▸ **DATA SUPPLIED**:
^^^^^^^^^^^^^^^^

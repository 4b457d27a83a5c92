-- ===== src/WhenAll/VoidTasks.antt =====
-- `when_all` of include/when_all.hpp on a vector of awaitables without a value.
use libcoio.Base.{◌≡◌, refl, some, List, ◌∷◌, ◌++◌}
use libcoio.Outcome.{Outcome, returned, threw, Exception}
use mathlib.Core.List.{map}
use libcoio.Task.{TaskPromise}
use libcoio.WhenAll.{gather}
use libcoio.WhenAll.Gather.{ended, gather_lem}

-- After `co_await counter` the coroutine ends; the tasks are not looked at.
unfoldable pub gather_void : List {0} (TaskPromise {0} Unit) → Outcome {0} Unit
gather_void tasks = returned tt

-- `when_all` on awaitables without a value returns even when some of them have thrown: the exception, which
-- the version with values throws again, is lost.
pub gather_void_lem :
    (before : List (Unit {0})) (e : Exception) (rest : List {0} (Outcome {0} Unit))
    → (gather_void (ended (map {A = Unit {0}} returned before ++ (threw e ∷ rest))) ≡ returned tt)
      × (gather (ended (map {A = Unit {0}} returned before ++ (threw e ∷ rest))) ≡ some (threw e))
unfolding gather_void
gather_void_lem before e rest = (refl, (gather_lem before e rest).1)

^^^^^^^^^^^^^^^^

▸ **BRIEF**: When a line above includes the word "without", please list that line.

▸ **OUTPUT OF THE EXERCISE**:
-- `when_all` of include/when_all.hpp on a vector of awaitables without a value.
-- `when_all` on awaitables without a value returns even when some of them have thrown: the exception, which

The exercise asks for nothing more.